* [EXERCISE DIRECTIONS]: From the listing below, copy out every line where the word "antt" appears.

* [DATA IN THIS EXERCISE]:

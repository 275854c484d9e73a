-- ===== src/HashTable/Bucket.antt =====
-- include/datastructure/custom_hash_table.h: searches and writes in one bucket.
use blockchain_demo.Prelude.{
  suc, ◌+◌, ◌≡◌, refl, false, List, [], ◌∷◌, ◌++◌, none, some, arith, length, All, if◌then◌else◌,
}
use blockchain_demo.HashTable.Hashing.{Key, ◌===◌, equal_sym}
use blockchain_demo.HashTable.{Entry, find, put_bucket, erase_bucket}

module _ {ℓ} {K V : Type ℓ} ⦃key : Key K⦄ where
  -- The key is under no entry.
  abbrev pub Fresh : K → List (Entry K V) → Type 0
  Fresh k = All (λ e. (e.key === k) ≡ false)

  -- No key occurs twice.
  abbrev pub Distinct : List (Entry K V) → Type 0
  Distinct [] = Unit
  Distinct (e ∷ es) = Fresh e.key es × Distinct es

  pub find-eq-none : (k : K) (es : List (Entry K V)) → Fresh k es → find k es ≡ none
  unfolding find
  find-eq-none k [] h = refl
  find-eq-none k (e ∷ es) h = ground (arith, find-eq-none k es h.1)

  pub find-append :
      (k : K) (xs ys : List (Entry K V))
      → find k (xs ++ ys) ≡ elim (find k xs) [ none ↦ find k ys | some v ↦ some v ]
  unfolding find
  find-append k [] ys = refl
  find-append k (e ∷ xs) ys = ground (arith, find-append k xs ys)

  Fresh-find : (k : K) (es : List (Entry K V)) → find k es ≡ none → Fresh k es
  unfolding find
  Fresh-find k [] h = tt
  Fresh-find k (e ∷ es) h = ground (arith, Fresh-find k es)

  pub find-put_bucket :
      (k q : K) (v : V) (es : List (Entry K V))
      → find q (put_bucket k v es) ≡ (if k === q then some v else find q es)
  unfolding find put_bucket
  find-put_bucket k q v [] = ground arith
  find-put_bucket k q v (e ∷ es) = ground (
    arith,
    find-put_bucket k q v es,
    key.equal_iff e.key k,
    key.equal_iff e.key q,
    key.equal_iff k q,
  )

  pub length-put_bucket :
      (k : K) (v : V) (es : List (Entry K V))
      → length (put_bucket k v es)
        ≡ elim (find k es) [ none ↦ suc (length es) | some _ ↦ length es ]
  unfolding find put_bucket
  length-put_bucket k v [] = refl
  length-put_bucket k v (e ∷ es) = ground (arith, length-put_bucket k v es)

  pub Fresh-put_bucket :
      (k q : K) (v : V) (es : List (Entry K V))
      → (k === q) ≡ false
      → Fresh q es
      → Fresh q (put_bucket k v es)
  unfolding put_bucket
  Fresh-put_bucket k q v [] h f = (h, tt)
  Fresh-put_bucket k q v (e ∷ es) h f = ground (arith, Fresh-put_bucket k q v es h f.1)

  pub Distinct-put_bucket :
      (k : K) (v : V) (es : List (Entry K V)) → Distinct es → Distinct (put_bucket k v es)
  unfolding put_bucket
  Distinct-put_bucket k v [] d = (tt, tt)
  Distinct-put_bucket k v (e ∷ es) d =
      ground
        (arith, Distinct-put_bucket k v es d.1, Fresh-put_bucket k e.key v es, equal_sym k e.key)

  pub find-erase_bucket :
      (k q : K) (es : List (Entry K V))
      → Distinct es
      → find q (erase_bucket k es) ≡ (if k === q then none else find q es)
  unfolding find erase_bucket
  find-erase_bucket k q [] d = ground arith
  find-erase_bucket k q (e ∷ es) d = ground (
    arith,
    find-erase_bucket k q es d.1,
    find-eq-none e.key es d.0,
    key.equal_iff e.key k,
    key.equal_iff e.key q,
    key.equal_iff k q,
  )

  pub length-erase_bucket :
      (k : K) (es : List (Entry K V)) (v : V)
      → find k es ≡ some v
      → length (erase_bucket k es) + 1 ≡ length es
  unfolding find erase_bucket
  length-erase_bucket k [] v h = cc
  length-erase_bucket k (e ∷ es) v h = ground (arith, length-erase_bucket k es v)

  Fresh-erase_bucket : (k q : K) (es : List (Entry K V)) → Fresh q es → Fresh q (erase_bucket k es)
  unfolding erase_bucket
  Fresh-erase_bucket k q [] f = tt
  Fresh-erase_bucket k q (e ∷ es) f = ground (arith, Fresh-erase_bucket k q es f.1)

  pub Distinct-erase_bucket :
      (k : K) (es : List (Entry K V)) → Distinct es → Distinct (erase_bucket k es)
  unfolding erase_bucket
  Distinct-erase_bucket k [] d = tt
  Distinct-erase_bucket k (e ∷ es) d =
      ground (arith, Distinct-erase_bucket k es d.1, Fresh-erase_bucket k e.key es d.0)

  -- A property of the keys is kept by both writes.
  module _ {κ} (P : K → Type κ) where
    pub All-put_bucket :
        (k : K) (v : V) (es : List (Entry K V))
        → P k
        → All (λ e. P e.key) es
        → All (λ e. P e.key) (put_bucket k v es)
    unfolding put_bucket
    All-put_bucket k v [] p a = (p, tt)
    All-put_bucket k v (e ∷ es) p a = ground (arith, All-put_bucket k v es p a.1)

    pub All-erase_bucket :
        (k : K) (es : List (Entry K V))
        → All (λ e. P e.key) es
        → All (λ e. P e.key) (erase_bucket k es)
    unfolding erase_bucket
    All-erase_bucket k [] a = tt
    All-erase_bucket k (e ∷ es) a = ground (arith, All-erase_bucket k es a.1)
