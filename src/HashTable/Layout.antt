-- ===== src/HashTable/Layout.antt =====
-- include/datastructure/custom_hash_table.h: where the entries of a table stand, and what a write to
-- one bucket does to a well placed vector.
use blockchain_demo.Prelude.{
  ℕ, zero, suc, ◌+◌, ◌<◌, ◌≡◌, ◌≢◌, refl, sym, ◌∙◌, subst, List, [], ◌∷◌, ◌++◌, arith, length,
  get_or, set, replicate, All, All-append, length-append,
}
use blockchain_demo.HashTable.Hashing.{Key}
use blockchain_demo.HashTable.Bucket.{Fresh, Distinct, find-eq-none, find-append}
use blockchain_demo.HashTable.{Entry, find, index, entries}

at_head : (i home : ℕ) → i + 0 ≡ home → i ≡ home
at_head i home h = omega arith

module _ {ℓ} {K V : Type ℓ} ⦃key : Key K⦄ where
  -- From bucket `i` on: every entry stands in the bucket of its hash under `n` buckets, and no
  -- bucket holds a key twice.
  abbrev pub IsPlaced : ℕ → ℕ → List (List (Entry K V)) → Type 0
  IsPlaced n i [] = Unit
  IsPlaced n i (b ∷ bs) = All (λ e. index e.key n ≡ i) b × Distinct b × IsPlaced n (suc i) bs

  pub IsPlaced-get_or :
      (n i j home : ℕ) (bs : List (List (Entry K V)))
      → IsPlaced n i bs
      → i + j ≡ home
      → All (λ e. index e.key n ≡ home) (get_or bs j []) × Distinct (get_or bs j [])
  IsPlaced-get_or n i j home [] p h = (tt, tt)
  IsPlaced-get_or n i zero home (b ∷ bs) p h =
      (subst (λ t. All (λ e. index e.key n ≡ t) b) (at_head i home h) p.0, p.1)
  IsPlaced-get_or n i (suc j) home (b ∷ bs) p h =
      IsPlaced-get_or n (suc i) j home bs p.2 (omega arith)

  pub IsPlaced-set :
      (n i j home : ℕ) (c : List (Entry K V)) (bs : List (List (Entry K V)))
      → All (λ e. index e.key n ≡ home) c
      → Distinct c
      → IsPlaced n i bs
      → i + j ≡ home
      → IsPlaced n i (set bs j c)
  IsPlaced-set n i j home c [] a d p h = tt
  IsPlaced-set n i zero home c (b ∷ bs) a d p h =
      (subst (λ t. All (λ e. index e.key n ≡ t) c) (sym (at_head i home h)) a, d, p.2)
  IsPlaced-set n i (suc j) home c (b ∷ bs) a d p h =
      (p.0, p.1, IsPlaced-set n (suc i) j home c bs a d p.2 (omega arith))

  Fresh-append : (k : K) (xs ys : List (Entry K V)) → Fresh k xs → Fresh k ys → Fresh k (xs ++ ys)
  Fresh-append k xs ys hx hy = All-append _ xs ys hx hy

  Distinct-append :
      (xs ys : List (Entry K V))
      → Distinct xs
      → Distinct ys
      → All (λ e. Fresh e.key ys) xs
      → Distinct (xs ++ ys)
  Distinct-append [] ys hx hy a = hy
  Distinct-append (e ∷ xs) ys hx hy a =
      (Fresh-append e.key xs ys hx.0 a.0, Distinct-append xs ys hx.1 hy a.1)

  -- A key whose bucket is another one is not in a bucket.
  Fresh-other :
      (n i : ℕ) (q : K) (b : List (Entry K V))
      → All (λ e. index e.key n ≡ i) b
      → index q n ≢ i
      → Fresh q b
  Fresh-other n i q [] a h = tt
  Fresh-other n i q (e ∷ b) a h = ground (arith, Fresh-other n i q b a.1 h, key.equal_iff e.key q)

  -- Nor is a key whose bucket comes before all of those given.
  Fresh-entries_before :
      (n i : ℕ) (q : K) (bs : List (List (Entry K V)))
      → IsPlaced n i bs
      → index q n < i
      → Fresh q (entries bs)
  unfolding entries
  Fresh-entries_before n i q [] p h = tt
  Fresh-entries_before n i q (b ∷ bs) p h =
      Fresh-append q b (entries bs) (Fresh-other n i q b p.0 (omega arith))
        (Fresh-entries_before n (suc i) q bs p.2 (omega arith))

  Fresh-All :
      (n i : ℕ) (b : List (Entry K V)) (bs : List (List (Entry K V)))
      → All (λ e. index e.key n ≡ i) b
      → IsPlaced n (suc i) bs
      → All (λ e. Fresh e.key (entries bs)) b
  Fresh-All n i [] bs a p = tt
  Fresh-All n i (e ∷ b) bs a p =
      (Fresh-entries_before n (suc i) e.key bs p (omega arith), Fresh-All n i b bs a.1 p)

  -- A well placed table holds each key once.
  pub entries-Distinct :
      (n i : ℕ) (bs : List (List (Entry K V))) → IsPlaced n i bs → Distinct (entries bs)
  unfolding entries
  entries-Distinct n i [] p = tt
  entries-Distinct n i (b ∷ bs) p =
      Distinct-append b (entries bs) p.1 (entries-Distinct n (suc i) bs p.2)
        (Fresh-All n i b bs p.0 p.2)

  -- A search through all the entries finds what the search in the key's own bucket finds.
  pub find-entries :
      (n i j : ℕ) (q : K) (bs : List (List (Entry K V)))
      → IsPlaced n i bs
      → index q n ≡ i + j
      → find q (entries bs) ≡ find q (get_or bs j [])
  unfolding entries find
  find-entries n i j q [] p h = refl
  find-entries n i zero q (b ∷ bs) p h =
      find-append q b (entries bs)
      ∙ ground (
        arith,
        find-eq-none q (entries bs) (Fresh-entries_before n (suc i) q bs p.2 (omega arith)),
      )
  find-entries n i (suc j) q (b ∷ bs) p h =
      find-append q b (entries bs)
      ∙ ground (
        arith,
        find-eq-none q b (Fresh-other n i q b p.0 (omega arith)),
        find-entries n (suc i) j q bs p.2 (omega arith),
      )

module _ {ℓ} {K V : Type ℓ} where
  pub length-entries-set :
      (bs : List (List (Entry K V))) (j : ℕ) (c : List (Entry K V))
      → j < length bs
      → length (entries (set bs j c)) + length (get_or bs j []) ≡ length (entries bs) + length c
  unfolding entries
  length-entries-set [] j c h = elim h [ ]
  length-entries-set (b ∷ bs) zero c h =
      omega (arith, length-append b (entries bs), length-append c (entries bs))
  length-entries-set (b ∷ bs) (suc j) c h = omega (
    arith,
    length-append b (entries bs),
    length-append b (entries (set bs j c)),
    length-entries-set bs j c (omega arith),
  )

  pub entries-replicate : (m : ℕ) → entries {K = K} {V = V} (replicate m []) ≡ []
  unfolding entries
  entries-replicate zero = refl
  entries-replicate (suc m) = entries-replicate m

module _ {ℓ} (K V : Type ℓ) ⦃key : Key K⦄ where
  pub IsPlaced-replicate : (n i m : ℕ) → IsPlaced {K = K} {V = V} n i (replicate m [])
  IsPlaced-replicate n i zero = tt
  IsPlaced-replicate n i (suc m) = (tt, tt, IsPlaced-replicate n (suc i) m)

* [ANSWER BOX]:
-- ===== src/HashTable/Bucket.antt =====
filename src/HashTable/Layout.antt
-- ===== src/HashTable/Layout.antt =====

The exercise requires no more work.